In order to determine which part of the input image the network uses to decide whether the input is a face, we performed a sensitivity analysis using the method of [2]. We collected a positive test set based on the training database of face images, but with different randomized scales, translations, and rotations than were used for training. The negative test set was built from a set of negative examples collected during the training of an earlier version of the system. Each of the 20x20 pixel input images was divided into 100 2x2 pixel subimages. For each subimage in turn, we went through the test set, replacing that subimage with random noise, and tested the neural network. The resulting sum of squared errors made by the network is an indication of how important that portion of the image is for the detection task. Plots of the error rates for two networks we developed are shown in Figure 9. Network 1 uses two sets of the hidden units illustrated in Figure 1, while Network 2 uses three sets.
Figure:
Error rates (vertical axis) on a small test resulting from adding
noise to various portions of the input image (horizontal plane), for
two networks.
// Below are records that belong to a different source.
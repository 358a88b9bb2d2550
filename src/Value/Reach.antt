-- ===== src/Value/Reach.antt =====
-- value.py, the end of `_validate_snapshot`: the nodes of a graph that are reached from its root, by
-- a stack of pending indices, for any successors. A list of reached indices stands for the set.

use pyinc.Prelude.{
  ℕ, zero, suc, ◌+◌, Bool, true, false, Option, none, some, List, [], ◌∷◌, length, if◌then◌else◌,
  ◌==◌, In,
}

unfoldable pub contains : ℕ → List ℕ → Bool
contains i [] = false
contains i (j ∷ js) = if j == i then true else contains i js

-- `pending.extend`, onto a stack whose last index comes first
unfoldable pub extend_pending : List ℕ → List ℕ → List ℕ
extend_pending [] pending = pending
extend_pending (i ∷ is) pending = extend_pending is (i ∷ pending)

-- The loop, with a bound on its rounds. It has no result where the bound is too small.
unfoldable pub reach : (ℕ → List ℕ) → ℕ → List ℕ → List ℕ → Option (List ℕ)
unfolding contains extend_pending
reach refs fuel [] reachable = some reachable
reach refs zero (i ∷ pending) reachable = none
reach refs (suc fuel) (i ∷ pending) reachable =
    let again = reach refs fuel pending reachable in
    let further = reach refs fuel (extend_pending (refs i) pending) (i ∷ reachable) in
    if contains i reachable then again else further

-- `i` is reached from the indices of `start` by references.
pub data Reached (refs : ℕ → List ℕ) (start : List ℕ) : ℕ → Type 0 where
  from_start : {i : ℕ} → In i start → Reached refs start i
  by_ref : {i j : ℕ} → Reached refs start i → In j (refs i) → Reached refs start j

-- The number of references of the nodes below `n`: with those of the root, enough rounds.
unfoldable pub ref_count : (ℕ → List ℕ) → ℕ → ℕ
ref_count refs zero = 0
ref_count refs (suc n) = length (refs n) + ref_count refs n
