-- ===== src/Value/Checks.antt =====
-- value.py, `_validate_snapshot` and `_snapshot_refs`: the single checks.
use Prim.Native.String.{compare}
use Prim.Native.Nat.{Ordering}
use text.Mathlib.Text.{◌==◌ as str_eq}
use pyinc.Prelude.{
  ℕ, zero, suc, ◌+◌, Bool, true, false, not, ◌&&◌, ◌||◌, Option, none, some, List, [], ◌∷◌, ◌++◌,
  String, if◌then◌else◌, ltb, length,
}
use pyinc.Value.Snapshot.{
  Bytes, ℤ, pos, negsuc, Scalars, Snapshot, Items, Entries, Fields, frozen_list, frozen_dict,
  frozen_set, frozen_record, frozen_adapter_value, frozen_ref, tuple, no_items, item, no_entries,
  entry, no_fields, field,
}
use pyinc.Value.Encode.{count_items}
use pyinc.Value.Reach.{contains, extend_pending, reach, ref_count}
use pyinc.Value.Payload.{bytes_equal}
use pyinc.Value.Classes.{text_equal, frozenset_kind}

-- The reasons for which a snapshot is refused, one for each message.
pub data Invalid : Type 0 where
  too_nested bad_nan bad_complex_nan ref_outside : Invalid
  keys_collapse duplicate_keys keys_unordered : Invalid
  set_kind members_collapse duplicate_members members_unordered : Invalid
  type_name field_name duplicate_fields adapter_key : Invalid
  no_nodes node_shell unreachable_nodes : Invalid

unfoldable pub require : Bool → Invalid → Option Invalid
require true e = none
require false e = some e

-- The checks one after the other: the first that fails.
infixl 15 ◌>>◌
abbrev pub ◌>>◌ : Option Invalid → Option Invalid → Option Invalid
none >> o = o
(some e) >> o = some e

-- `_MAX_SNAPSHOT_DEPTH`
abbrev pub max_depth : ℕ
max_depth = 200

-- `"set"`
abbrev pub set_kind_text : Bytes
set_kind_text = b's' ∷ b'e' ∷ b't' ∷ []

unfoldable pub has_digest : String → List String → Bool
has_digest d [] = false
has_digest d (e ∷ es) = if str_eq e d then true else has_digest d es

-- `len(set(digests)) == len(digests)`
unfoldable pub all_distinct : List String → Bool
unfolding has_digest
all_distinct [] = true
all_distinct (d ∷ ds) = not (has_digest d ds) && all_distinct ds

unfoldable pub digest_le : String → String → Bool
digest_le a b = elim (compare a b) [ Ordering.gt ↦ false | _ ↦ true ]

-- `digests == sorted(digests)`
unfoldable pub is_sorted : List String → Bool
unfolding digest_le
is_sorted [] = true
is_sorted (d ∷ []) = true
is_sorted (d ∷ e ∷ es) = digest_le d e && is_sorted (e ∷ es)

-- The indices, of which the walk before has refused the negative ones.
unfoldable pub indices : List ℤ → List ℕ
indices [] = []
indices (pos i ∷ is) = i ∷ indices is
indices (negsuc i ∷ is) = indices is

unfoldable pub has_all : ℕ → List ℕ → Bool
unfolding contains
has_all zero reachable = true
has_all (suc n) reachable = contains n reachable && has_all n reachable

unfoldable pub all_below : ℕ → List ℕ → Bool
all_below n [] = true
all_below n (i ∷ is) = ltb i n && all_below n is

-- `0 <= value.index < graph_size`
unfoldable pub in_graph : Option ℕ → ℤ → Bool
in_graph none i = false
in_graph (some n) (pos i) = ltb i n
in_graph (some n) (negsuc i) = false

-- `reachable != set(range(node_count))`. The bound on the rounds of the loop is enough.
unfoldable pub compare_nodes : ℕ → Option (List ℕ) → Option Invalid
unfolding require has_all all_below
compare_nodes n none = some unreachable_nodes
compare_nodes n (some reachable) =
    require (has_all n reachable && all_below n reachable) unreachable_nodes

module _ (c : Scalars) where
  -- `_snapshot_refs`, whose stack takes the last of the children first
  unfoldable mutual
    pub snapshot_refs : Snapshot c → List ℤ
    snapshot_refs (frozen_ref i) = i ∷ []
    snapshot_refs (frozen_list xs) = items_refs xs
    snapshot_refs (frozen_dict es) = entries_refs es
    snapshot_refs (frozen_set kind xs) = items_refs xs
    snapshot_refs (frozen_record name fs) = fields_refs fs
    snapshot_refs (frozen_adapter_value key x) = snapshot_refs x
    snapshot_refs (tuple xs) = items_refs xs
    snapshot_refs _ = []

    pub items_refs : Items c → List ℤ
    items_refs no_items = []
    items_refs (item x xs) = items_refs xs ++ snapshot_refs x

    pub entries_refs : Entries c → List ℤ
    entries_refs no_entries = []
    entries_refs (entry k v es) = entries_refs es ++ (snapshot_refs v ++ snapshot_refs k)

    pub fields_refs : Fields c → List ℤ
    fields_refs no_fields = []
    fields_refs (field name x fs) = fields_refs fs ++ snapshot_refs x

  -- `_snapshot_refs(value.nodes[index])`
  unfoldable pub node_refs : Items c → ℕ → List ℕ
  unfolding indices snapshot_refs
  node_refs no_items i = []
  node_refs (item x xs) zero = indices (snapshot_refs x)
  node_refs (item x xs) (suc i) = node_refs xs i

  -- The loop from the root's references, and its check
  unfoldable pub check_reachable : Items c → Snapshot c → Option Invalid
  unfolding reach extend_pending node_refs ref_count indices snapshot_refs compare_nodes
  check_reachable nodes root =
      let n = count_items c nodes in
      let start = indices (snapshot_refs root) in
      compare_nodes n (
        reach (node_refs nodes) (length start + ref_count (node_refs nodes) n)
          (extend_pending start []) [])

  -- `require_metadata_string`
  unfoldable pub is_named : c.Text → Bool
  is_named t = not (bytes_equal (c.encode_utf8 t) [])

  unfoldable pub is_set_kind : c.Text → Bool
  is_set_kind t =
      bytes_equal (c.encode_utf8 t) set_kind_text || bytes_equal (c.encode_utf8 t) frozenset_kind

  unfoldable pub is_shell : Snapshot c → Bool
  is_shell (frozen_list xs) = true
  is_shell (frozen_dict es) = true
  is_shell (frozen_set kind xs) = bytes_equal (c.encode_utf8 kind) set_kind_text
  is_shell (frozen_record name fs) = true
  is_shell _ = false

  unfoldable pub has_name : c.Text → Fields c → Bool
  has_name t no_fields = false
  has_name t (field u x fs) = if text_equal c u t then true else has_name t fs

  -- `len(set(names)) == len(names)`
  unfoldable pub distinct_names : Fields c → Bool
  unfolding has_name
  distinct_names no_fields = true
  distinct_names (field t x fs) = not (has_name t fs) && distinct_names fs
Network 1 has two copies of the hidden units shown in
Figure 1 (a total of 58 hidden units and 2905
connections), while Network 2 has three copies (a total of 78 hidden
units and 4357 connections).
The networks rely most heavily on the eyes, then on the nose, and then on the mouth (Figure 9). Anecdotally, we have seen this behavior on several real test images. Even in cases in which only one eye is visible, detection of a face is possible, though less reliable, than when the entire face is visible. The system is less sensitive to the occlusion of features such as the nose or mouth.